= William Ascher =

American academic

William Ascher (born January 3, 1947) is the Donald C. McKenna Professor of Government and Economics at Claremont McKenna College in Claremont, California, where he was academic vice president and dean of the faculty (2000–2005). Previously, as professor of public policy and political science, Ascher directed Duke University's Center for International Development Research (1985–2000). He studies strategic planning, policymaking in developing countries, natural resource and environmental policy, Latin American and Asian political economy, political psychology, and forecasting methods.

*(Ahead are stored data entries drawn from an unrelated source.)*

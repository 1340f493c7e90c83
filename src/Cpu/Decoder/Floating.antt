-- ===== src/Cpu/Decoder/Floating.antt =====
-- Opcode 63 of `decode` (src/cpu/espresso/decoder.cpp), the double-precision and status instructions, in
-- two parts.
use affogato.Base.{ℕ, ◌&&◌, bit_and, bit_or, ◌<<<◌, ◌==◌, if◌then◌else◌}
use affogato.Cpu.Decoder.Instruction.{Opcode, DecodedInstruction, blank}
use affogato.Cpu.Decoder.Fields.{field}
use affogato.Cpu.Decoder.FloatForms.{
  fp_move_form, fp_round_form, fp_add_form, fp_multiply_form, fp_multiply_add_form, fp_compare_form,
  fp_register_form, fpscr_bit_form, fpscr_immediate_form, fpscr_fields_form, fpscr_move_form,
}

unfoldable pub decode_floating_double : ℕ → DecodedInstruction
decode_floating_double raw =
    if field raw 1 0x1F == 21 && field raw 6 0x1F == 0 && bit_and raw 1 == 0
    then fp_add_form raw Opcode.floating_add_double
    else if field raw 1 0x1F == 23 && bit_and raw 1 == 0
    then fp_multiply_add_form raw Opcode.floating_select
    else if field raw 1 0x1F == 25 && field raw 11 0x1F == 0 && bit_and raw 1 == 0
    then fp_multiply_form raw Opcode.floating_multiply_double
    else if field raw 1 0x1F == 28 && bit_and raw 1 == 0
    then fp_multiply_add_form raw Opcode.floating_multiply_subtract_double
    else if field raw 1 0x1F == 30 && bit_and raw 1 == 0
    then fp_multiply_add_form raw Opcode.floating_negative_multiply_subtract_double
    else if field raw 1 0x1F == 31 && bit_and raw 1 == 0
    then fp_multiply_add_form raw Opcode.floating_negative_multiply_add_double
    else if field raw 1 0x1F == 29 && bit_and raw 1 == 0
    then fp_multiply_add_form raw Opcode.floating_multiply_add_double
    else if field raw 1 0x3FF == 0 && bit_and raw (bit_or (0x3 <<< 21) 1) == 0
    then fp_compare_form raw Opcode.floating_compare_unordered
    else if field raw 1 0x3FF == 32 && bit_and raw (bit_or (0x3 <<< 21) 1) == 0
    then fp_compare_form raw Opcode.floating_compare_ordered
    else blank raw

unfoldable pub decode_floating_move : ℕ → DecodedInstruction
decode_floating_move raw =
    if field raw 1 0x3FF == 64
      && field raw 21 0x3 == 0
      && field raw 16 0x3 == 0
      && field raw 11 0x1F == 0
      && bit_and raw 1 == 0
    then fpscr_move_form raw Opcode.move_condition_register_from_fpscr
    else if field raw 1 0x3FF == 72 && field raw 16 0x1F == 0 && bit_and raw 1 == 0
    then fp_move_form raw Opcode.floating_move_register
    else if field raw 1 0x3FF == 40 && field raw 16 0x1F == 0 && bit_and raw 1 == 0
    then fp_move_form raw Opcode.floating_negate
    else if field raw 1 0x3FF == 264 && field raw 16 0x1F == 0 && bit_and raw 1 == 0
    then fp_move_form raw Opcode.floating_absolute_value
    else if field raw 1 0x3FF == 24
        && field raw 16 0x1F == 0
        && field raw 6 0x1F == 0
        && bit_and raw 1 == 0
    then fp_move_form raw Opcode.floating_reciprocal_estimate_single
    else if field raw 1 0x3FF == 26
        && field raw 16 0x1F == 0
        && field raw 6 0x1F == 0
        && bit_and raw 1 == 0
    then fp_move_form raw Opcode.floating_reciprocal_square_root_estimate
    else if field raw 1 0x3FF == 136 && field raw 16 0x1F == 0 && bit_and raw 1 == 0
    then fp_move_form raw Opcode.floating_negative_absolute_value
    else if field raw 1 0x3FF == 583 && field raw 11 0x3FF == 0 && bit_and raw 1 == 0
    then fp_register_form raw Opcode.floating_move_from_fpscr
    else if field raw 1 0x3FF == 70 && field raw 11 0x3FF == 0 && bit_and raw 1 == 0
    then fpscr_bit_form raw Opcode.floating_move_to_fpscr_bit_zero
    else if field raw 1 0x3FF == 38 && field raw 11 0x3FF == 0 && bit_and raw 1 == 0
    then fpscr_bit_form raw Opcode.floating_move_to_fpscr_bit_one
    else if field raw 1 0x3FF == 134
        && field raw 21 0x3 == 0
        && field raw 16 0x1F == 0
        && field raw 11 0x1 == 0
        && bit_and raw 1 == 0
    then fpscr_immediate_form raw Opcode.floating_move_to_fpscr_field_immediate
    else if field raw 1 0x3FF == 711
        && field raw 25 0x1 == 0
        && field raw 16 0x1 == 0
        && bit_and raw 1 == 0
    then fpscr_fields_form raw Opcode.floating_move_to_fpscr_fields
    else if field raw 1 0x3FF == 15 && field raw 16 0x1F == 0 && bit_and raw 1 == 0
    then fp_move_form raw Opcode.floating_convert_to_integer_word_zero
    else if field raw 1 0x3FF == 14 && field raw 16 0x1F == 0 && bit_and raw 1 == 0
    then fp_move_form raw Opcode.floating_convert_to_integer_word
    else if field raw 1 0x3FF == 12 && field raw 16 0x1F == 0 && bit_and raw 1 == 0
    then fp_round_form raw Opcode.floating_round_to_single
    else if field raw 1 0x1F == 18 && field raw 6 0x1F == 0 && bit_and raw 1 == 0
    then fp_add_form raw Opcode.floating_divide_double
    else if field raw 1 0x1F == 20 && field raw 6 0x1F == 0 && bit_and raw 1 == 0
    then fp_add_form raw Opcode.floating_subtract_double
    else decode_floating_double raw
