-- ===== src/Cpu/Decoder/Single.antt =====
-- Opcode 59 of `decode` (src/cpu/espresso/decoder.cpp), the single-precision instructions.
use affogato.Base.{ℕ, ◌&&◌, ◌||◌, bit_and, ◌==◌, if◌then◌else◌}
use affogato.Cpu.Decoder.Instruction.{Opcode, DecodedInstruction, blank}
use affogato.Cpu.Decoder.Fields.{field}
use affogato.Cpu.Decoder.FloatForms.{fp_add_form, fp_multiply_form, fp_multiply_add_form}

unfoldable pub decode_floating_single : ℕ → ℕ → DecodedInstruction
decode_floating_single raw extended_opcode =
    if extended_opcode == 18 || extended_opcode == 20 || extended_opcode == 21
    then (if field raw 6 0x1F == 0 && bit_and raw 1 == 0
        then fp_add_form raw (
            if extended_opcode == 18
            then Opcode.floating_divide_single
            else if extended_opcode == 20
            then Opcode.floating_subtract_single
            else Opcode.floating_add_single)
        else blank raw)
    else if extended_opcode == 25 && field raw 11 0x1F == 0 && bit_and raw 1 == 0
    then fp_multiply_form raw Opcode.floating_multiply_single
    else if extended_opcode == 29 && bit_and raw 1 == 0
    then fp_multiply_add_form raw Opcode.floating_multiply_add_single
    else if extended_opcode == 28 && bit_and raw 1 == 0
    then fp_multiply_add_form raw Opcode.floating_multiply_subtract_single
    else if extended_opcode == 30 && bit_and raw 1 == 0
    then fp_multiply_add_form raw Opcode.floating_negative_multiply_subtract_single
    else if extended_opcode == 31 && bit_and raw 1 == 0
    then fp_multiply_add_form raw Opcode.floating_negative_multiply_add_single
    else blank raw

He has written Forecasting: An Appraisal for Policymakers and Planners (1978), Scheming for the Poor: The Politics of Redistribution in Latin America (1984), Natural Resource Policymaking in Developing Countries (1990), Communities and Sustainable Forestry in Developing Countries (1994), Why Governments Waste Natural Resources (1999), and Bringing in the Future: Strategies for Farsightedness and Sustainability (2009). He co-authored or co-edited Strategic Planning and Forecasting (1983), Central American Recovery and Development (1989), The Caspian Sea: A Quest for Environmental Security (2000), Guide to Sustainable Development and Environmental Policy (2001), and Revitalizing Political Psychology (2005).

Ascher is the Director of Soka University of America's Pacific Basin Research Center and a member of the World Bank's Advisory Group on the Extractive Industries Transparency Initiative.

His granddaughter is American curator and writer Storm Ascher.